Exercise instructions - Only one stretch of the records below should be repeated. It starts with the line containing "filename src/Database/Dropping.antt" and goes on through the line containing "Polite-then db (raise e v) k w h rest = h", exactly as written.

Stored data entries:
#####

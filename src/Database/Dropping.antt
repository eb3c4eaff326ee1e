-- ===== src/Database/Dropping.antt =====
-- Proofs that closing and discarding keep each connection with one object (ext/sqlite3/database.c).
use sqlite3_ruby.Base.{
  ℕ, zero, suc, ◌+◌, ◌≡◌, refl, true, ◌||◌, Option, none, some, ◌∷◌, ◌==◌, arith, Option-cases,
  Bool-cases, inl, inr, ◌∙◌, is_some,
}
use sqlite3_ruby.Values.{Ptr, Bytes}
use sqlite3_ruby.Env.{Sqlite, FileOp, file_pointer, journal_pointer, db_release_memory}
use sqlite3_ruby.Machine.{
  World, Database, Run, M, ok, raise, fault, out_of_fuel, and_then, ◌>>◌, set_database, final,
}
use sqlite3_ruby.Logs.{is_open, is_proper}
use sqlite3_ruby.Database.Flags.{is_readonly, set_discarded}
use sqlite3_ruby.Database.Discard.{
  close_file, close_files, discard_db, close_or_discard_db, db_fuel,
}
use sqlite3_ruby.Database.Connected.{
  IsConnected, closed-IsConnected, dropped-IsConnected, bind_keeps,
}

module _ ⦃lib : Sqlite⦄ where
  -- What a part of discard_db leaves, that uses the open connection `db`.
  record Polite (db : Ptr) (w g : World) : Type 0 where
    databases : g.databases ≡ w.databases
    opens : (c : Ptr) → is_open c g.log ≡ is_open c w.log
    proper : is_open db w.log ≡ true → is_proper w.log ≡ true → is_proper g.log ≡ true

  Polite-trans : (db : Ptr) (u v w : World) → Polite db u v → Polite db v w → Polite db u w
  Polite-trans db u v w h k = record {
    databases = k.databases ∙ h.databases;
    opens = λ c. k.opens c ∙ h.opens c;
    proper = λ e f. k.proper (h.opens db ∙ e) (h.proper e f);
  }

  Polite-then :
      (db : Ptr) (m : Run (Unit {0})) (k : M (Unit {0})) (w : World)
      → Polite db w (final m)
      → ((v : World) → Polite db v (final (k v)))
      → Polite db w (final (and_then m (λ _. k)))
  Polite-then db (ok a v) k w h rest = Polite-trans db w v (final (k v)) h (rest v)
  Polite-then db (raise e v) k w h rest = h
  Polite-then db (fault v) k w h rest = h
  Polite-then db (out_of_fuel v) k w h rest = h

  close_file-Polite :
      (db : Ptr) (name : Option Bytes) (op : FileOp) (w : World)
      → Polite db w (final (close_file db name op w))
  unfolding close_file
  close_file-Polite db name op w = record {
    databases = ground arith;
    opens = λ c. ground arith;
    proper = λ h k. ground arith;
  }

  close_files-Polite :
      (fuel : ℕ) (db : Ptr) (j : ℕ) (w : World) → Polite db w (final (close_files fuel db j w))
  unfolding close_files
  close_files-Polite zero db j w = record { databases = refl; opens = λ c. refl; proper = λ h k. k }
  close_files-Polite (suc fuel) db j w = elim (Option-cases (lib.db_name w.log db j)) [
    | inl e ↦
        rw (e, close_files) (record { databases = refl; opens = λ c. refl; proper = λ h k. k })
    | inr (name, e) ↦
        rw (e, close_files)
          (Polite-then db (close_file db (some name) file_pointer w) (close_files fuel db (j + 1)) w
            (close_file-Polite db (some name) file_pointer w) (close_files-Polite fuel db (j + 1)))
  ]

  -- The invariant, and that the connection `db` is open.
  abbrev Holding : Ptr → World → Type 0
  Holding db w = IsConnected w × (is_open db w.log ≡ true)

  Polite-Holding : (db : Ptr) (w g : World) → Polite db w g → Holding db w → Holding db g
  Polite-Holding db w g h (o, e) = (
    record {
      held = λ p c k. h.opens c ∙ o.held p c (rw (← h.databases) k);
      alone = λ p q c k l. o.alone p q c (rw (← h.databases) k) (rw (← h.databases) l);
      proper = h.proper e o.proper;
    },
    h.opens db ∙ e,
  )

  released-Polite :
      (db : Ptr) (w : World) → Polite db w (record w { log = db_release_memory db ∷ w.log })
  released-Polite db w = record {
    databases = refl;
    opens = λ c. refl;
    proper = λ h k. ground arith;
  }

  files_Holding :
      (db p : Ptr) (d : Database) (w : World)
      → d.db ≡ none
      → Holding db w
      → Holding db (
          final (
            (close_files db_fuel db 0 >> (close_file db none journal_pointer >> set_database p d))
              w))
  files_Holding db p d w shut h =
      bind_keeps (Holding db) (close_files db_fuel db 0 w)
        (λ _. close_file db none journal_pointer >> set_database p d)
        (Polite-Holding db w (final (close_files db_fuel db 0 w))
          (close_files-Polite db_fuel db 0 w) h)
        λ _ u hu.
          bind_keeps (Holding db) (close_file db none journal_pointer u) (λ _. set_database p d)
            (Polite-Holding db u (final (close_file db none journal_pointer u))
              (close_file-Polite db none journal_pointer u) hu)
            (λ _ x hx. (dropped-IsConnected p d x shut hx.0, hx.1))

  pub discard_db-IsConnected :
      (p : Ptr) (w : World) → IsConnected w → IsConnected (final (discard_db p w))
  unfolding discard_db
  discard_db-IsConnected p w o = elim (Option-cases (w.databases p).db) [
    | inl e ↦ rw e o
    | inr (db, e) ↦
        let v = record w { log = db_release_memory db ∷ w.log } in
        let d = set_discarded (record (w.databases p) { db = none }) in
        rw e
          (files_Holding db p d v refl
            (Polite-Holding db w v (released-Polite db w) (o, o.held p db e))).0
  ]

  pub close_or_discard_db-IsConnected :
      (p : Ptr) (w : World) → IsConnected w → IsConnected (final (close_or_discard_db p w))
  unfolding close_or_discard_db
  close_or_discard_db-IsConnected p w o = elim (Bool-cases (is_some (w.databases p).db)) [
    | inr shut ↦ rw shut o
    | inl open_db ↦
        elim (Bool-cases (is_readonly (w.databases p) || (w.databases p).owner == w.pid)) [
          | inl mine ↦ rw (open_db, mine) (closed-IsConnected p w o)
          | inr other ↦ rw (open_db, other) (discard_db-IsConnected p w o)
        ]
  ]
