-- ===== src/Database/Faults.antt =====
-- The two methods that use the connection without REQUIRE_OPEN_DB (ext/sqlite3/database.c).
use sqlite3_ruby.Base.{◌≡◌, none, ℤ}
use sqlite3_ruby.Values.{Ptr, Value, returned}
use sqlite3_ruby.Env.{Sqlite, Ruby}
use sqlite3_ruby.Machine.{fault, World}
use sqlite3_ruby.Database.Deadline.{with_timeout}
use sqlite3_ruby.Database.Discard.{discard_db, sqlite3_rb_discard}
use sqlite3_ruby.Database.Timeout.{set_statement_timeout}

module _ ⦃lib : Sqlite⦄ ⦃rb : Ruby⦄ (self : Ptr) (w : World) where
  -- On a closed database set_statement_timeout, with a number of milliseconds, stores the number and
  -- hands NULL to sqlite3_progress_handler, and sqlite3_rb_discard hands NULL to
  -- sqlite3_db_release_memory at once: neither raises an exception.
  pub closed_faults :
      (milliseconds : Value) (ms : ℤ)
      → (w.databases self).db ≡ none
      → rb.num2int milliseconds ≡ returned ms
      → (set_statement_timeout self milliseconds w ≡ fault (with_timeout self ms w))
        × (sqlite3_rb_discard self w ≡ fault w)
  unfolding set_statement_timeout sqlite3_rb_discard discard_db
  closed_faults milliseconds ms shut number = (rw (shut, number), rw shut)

#####

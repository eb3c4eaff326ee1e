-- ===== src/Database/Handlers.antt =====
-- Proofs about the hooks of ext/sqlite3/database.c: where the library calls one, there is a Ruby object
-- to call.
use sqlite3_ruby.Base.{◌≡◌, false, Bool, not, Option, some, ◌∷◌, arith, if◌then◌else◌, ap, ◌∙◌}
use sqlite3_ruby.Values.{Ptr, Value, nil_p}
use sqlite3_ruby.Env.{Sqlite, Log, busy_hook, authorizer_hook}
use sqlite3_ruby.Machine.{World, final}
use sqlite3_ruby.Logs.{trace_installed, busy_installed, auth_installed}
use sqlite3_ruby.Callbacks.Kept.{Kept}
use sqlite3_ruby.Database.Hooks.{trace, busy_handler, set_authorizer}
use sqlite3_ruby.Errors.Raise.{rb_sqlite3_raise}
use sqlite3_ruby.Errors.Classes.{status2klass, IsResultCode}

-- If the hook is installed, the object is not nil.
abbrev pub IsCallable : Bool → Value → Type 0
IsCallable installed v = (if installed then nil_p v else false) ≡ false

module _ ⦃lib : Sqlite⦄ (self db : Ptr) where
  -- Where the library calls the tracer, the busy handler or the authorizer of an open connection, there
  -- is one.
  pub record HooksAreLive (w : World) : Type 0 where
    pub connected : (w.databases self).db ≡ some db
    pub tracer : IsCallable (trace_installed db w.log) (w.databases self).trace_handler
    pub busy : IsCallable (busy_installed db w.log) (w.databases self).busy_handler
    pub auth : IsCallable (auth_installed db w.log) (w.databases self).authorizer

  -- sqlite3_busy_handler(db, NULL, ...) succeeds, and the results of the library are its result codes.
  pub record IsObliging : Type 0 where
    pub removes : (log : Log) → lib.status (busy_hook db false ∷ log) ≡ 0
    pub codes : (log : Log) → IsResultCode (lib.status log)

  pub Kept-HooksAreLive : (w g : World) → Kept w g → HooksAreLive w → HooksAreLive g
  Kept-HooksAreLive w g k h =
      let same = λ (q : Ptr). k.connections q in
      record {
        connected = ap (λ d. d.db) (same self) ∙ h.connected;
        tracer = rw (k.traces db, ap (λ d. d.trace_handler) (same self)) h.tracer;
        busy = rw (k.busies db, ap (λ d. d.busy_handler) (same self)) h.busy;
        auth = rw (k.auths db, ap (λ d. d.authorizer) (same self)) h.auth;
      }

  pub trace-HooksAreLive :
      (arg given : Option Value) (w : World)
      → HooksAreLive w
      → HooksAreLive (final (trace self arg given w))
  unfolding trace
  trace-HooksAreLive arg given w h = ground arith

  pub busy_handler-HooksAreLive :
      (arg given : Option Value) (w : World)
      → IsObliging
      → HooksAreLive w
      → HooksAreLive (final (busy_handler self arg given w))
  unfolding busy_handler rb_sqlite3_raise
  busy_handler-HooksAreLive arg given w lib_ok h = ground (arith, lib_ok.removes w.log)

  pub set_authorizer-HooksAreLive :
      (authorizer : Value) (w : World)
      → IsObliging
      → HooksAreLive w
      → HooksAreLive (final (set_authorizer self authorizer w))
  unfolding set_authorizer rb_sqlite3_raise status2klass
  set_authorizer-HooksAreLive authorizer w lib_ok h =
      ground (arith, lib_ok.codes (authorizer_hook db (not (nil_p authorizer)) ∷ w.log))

#####

Exercise output -
filename src/Database/Dropping.antt
repository eb3c4eaff326ee1e
-- ===== src/Database/Dropping.antt =====
-- Proofs that closing and discarding keep each connection with one object (ext/sqlite3/database.c).
use sqlite3_ruby.Base.{
  ℕ, zero, suc, ◌+◌, ◌≡◌, refl, true, ◌||◌, Option, none, some, ◌∷◌, ◌==◌, arith, Option-cases,
  Bool-cases, inl, inr, ◌∙◌, is_some,
}
use sqlite3_ruby.Values.{Ptr, Bytes}
use sqlite3_ruby.Env.{Sqlite, FileOp, file_pointer, journal_pointer, db_release_memory}
use sqlite3_ruby.Machine.{
  World, Database, Run, M, ok, raise, fault, out_of_fuel, and_then, ◌>>◌, set_database, final,
}
use sqlite3_ruby.Logs.{is_open, is_proper}
use sqlite3_ruby.Database.Flags.{is_readonly, set_discarded}
use sqlite3_ruby.Database.Discard.{
  close_file, close_files, discard_db, close_or_discard_db, db_fuel,
}
use sqlite3_ruby.Database.Connected.{
  IsConnected, closed-IsConnected, dropped-IsConnected, bind_keeps,
}

module _ ⦃lib : Sqlite⦄ where
  -- What a part of discard_db leaves, that uses the open connection `db`.
  record Polite (db : Ptr) (w g : World) : Type 0 where
    databases : g.databases ≡ w.databases
    opens : (c : Ptr) → is_open c g.log ≡ is_open c w.log
    proper : is_open db w.log ≡ true → is_proper w.log ≡ true → is_proper g.log ≡ true

  Polite-trans : (db : Ptr) (u v w : World) → Polite db u v → Polite db v w → Polite db u w
  Polite-trans db u v w h k = record {
    databases = k.databases ∙ h.databases;
    opens = λ c. k.opens c ∙ h.opens c;
    proper = λ e f. k.proper (h.opens db ∙ e) (h.proper e f);
  }

  Polite-then :
      (db : Ptr) (m : Run (Unit {0})) (k : M (Unit {0})) (w : World)
      → Polite db w (final m)
      → ((v : World) → Polite db v (final (k v)))
      → Polite db w (final (and_then m (λ _. k)))
  Polite-then db (ok a v) k w h rest = Polite-trans db w v (final (k v)) h (rest v)
  Polite-then db (raise e v) k w h rest = h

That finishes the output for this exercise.